La multinationale pétrolière conteste la décision d’une cour nigériane et refuse de payer des compensations pour une pollution occasionnée en 1970.

La nappe de pétrole sèche depuis trente ans. Elle couvre toute une zone de mangroves dans la région d’Ogoni, formant une croûte devenue dure comme de l’asphalte. Le 21 juin, un tribunal régional a ordonné à Shell – la multinationale anglo-hollandaise qui exploite les champs pétrolifères de cette partie du Niger avec l’Etat fédéral nigérian – de payer 30 millions de dollars US à une communauté locale en compensation de cette pollution.

Cela pourrait être l’aboutissement d’une très longue lutte judiciaire entre les militants d’Ogoni et l’opérateur pétrolier. Un combat qui, directement ou pas, avait provoqué en 1995 la mort de Ken Saro-Wiwa et de huit de ses amis. Les neuf écologistes avaient été pendus sur l’ordre de la dictature militaire de l’époque.

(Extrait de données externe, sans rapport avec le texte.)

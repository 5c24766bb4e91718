-- ===== src/Env.antt =====
-- redo_core/src/env.rs: the settings of a process, which it reads from its environment variables
-- each time anew, and the two flags that it remembers after it has cleared their variables.
pub mod Find
use redo.Base.{
  ℕ, ◌-◌, ◌^◌, Bool, true, false, not, ◌&&◌, ◌||◌, List, [], ◌∷◌, Text, codes, text_eq, is_empty,
  Option, none, some, ◌==◌, if◌then◌else◌, ltb, leb, ℤ, pos, negsuc, text_or, parse_digits,
  trim_end_by, Result, ok, err, Error, not_in_do,
}
use redo.Store.Rows.{is_some}

-- The settings of `from_env`. Numbers are `i32`, the run id is `i64`.
pub record Env : Type 0 where
  pub base : Text
  pub pwd : Text
  pub target : Text
  pub depth : Text
  pub debug : ℤ
  pub debug_locks : Bool
  pub debug_pids : Bool
  pub locks_broken : Bool
  pub verbose : ℤ
  pub xtrace : ℤ
  pub keep_going : Bool
  pub log : ℤ
  pub log_inode : Text
  pub color : ℤ
  pub pretty : ℤ
  pub shuffle : Bool
  pub startdir : Text
  pub runid : Option ℤ
  pub unlocked : Bool
  pub no_oob : Bool
  pub strict : Bool
  pub strict_fail : Bool

-- A process: its variables, and the static flags `UNLOCKED_LATCH`, `NO_OOB_LATCH` and
-- `IS_TOPLEVEL`. A variable that is no text is not modelled.
pub record ProcessEnv : Type 0 where
  pub vars : Text → Option Text
  pub unlocked_latch : Bool
  pub no_oob_latch : Bool
  pub is_toplevel : Bool

unfoldable pub set_var : Text → Text → ProcessEnv → ProcessEnv
unfolding text_eq
set_var name value p = record p { vars = λ n. if text_eq n name then some value else p.vars n }

-- `parse` of a signed number, whose absolute value is below `bound`, or is `bound` behind a minus.
unfoldable pub parse_signed : ℕ → Text → Option ℤ
unfolding parse_digits
parse_signed bound [] = none
parse_signed bound (c ∷ s) =
    if c == b'-'
    then elim (parse_digits s) [
      | none ↦ none
      | some n ↦
          if n == 0 then some (pos 0) else if leb n bound then some (negsuc (n - 1)) else none
    ]
    else elim (parse_digits (if c == b'+' then s else c ∷ s)) [
      | none ↦ none
      | some n ↦ if ltb n bound then some (pos n) else none
    ]

unfoldable pub atoi : Text → ℤ
unfolding parse_signed
atoi s = elim (parse_signed (2 ^ 31) s) [ none ↦ pos 0 | some n ↦ n ]

module _ (p : ProcessEnv) where
  -- `env::var(name).unwrap_or_default()`
  abbrev pub var_or_empty : Text → Text
  var_or_empty name = text_or [] (p.vars name)

  unfoldable pub get_bool : Text → Bool
  unfolding is_empty
  get_bool name = not (is_empty (var_or_empty name))

  unfoldable pub from_env : Env
  unfolding get_bool atoi parse_signed trim_end_by
  from_env = record {
    base =
        trim_end_by (λ c. c == b'/') (text_or (codes "NOT_DEFINED") (p.vars (codes "REDO_BASE")));
    pwd = var_or_empty (codes "REDO_PWD");
    target = var_or_empty (codes "REDO_TARGET");
    depth = var_or_empty (codes "REDO_DEPTH");
    debug = atoi (var_or_empty (codes "REDO_DEBUG"));
    debug_locks = get_bool (codes "REDO_DEBUG_LOCKS");
    debug_pids = get_bool (codes "REDO_DEBUG_PIDS");
    locks_broken = get_bool (codes "REDO_LOCKS_BROKEN");
    verbose = atoi (var_or_empty (codes "REDO_VERBOSE"));
    xtrace = atoi (var_or_empty (codes "REDO_XTRACE"));
    keep_going = get_bool (codes "REDO_KEEP_GOING");
    log = atoi (text_or (codes "1") (p.vars (codes "REDO_LOG")));
    log_inode = var_or_empty (codes "REDO_LOG_INODE");
    color = atoi (var_or_empty (codes "REDO_COLOR"));
    pretty = atoi (var_or_empty (codes "REDO_PRETTY"));
    shuffle = get_bool (codes "REDO_SHUFFLE");
    startdir = var_or_empty (codes "REDO_STARTDIR");
    runid = elim (p.vars (codes "REDO_RUNID")) [ none ↦ none | some s ↦ parse_signed (2 ^ 63) s ];
    unlocked = get_bool (codes "REDO_UNLOCKED");
    no_oob = get_bool (codes "REDO_NO_OOB");
    strict = get_bool (codes "REDO_STRICT");
    strict_fail = get_bool (codes "REDO_STRICT_FAIL");
  }

  -- The settings with what was remembered.
  unfoldable pub v : Env
  v = record from_env {
    unlocked = from_env.unlocked || p.unlocked_latch;
    no_oob = from_env.no_oob || p.no_oob_latch;
  }

  -- `Env::inherit`
  unfoldable pub inherited : Result Env
  inherited = if is_some (p.vars (codes "REDO")) then ok from_env else err not_in_do

  unfoldable pub latch : Env → ProcessEnv
  latch e = record p {
    unlocked_latch = e.unlocked || p.unlocked_latch;
    no_oob_latch = e.no_oob || p.no_oob_latch;
  }

-- `inherit`: the flags are remembered, and are not handed on to subprocesses.
unfoldable pub inherit : ProcessEnv → Result ProcessEnv
unfolding set_var latch inherited
inherit p = elim (inherited p) [
  | err e ↦ err e
  | ok e ↦ ok (set_var (codes "REDO_NO_OOB") [] (set_var (codes "REDO_UNLOCKED") [] (latch p e)))
]

unfoldable pub default_redo : ProcessEnv → ProcessEnv
unfolding set_var
default_redo p =
    if is_some (p.vars (codes "REDO"))
    then p
    else set_var (codes "REDO") (codes "NOT_DEFINED") (record p { is_toplevel = true })

unfoldable pub default_base : ProcessEnv → ProcessEnv
unfolding set_var
default_base p =
    if is_some (p.vars (codes "REDO_BASE"))
    then p
    else set_var (codes "REDO_BASE") (codes "NOT_DEFINED") p

unfoldable pub init_no_state : ProcessEnv → Result ProcessEnv
unfolding default_redo default_base inherit
init_no_state p = inherit (default_base (default_redo p))

unfoldable pub mark_locks_broken : ProcessEnv → Result ProcessEnv
unfolding set_var inherit
mark_locks_broken p =
    inherit
      (set_var (codes "REDO_LOG") (codes "0") (set_var (codes "REDO_LOCKS_BROKEN") (codes "1") p))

Shell, qui n’extrait plus de pétrole à Ogoni mais poursuit son exploitation ailleurs dans le delta, n’accepte pas la compensation. Au siège londonien, on parle d’une  » amende «  injuste. Cerris Tavinor, porte-parole de la compagnie, déclare que  » Shell était absent de la zone en 1970, pour cause de guerre civile « . Elle émet l’hypothèse que la pollution ait résulté d’un  » fait de guerre « .

Sabotages

Pourquoi, alors, la multinationale a-t-elle offert une compensation  » d’un montant raisonnable «  et proposé de nettoyer la zone ? Selon Mme Tavinor, il s’agit d’un  » geste de bonne volonté et d’amitié (…). Cela n’a rien à voir avec notre présence actuelle au Nigeria. « 

C’est à cause de l’hostilité des habitants que Shell avait dû quitter Ogoni en 1993. A la fin avril 2000, les leaders politiques de la région du delta ont annoncé que faute d’être mieux considérés à l’avenir par les compagnies pétrolières, ils envisageaient des actes de sabotage sur leurs installations.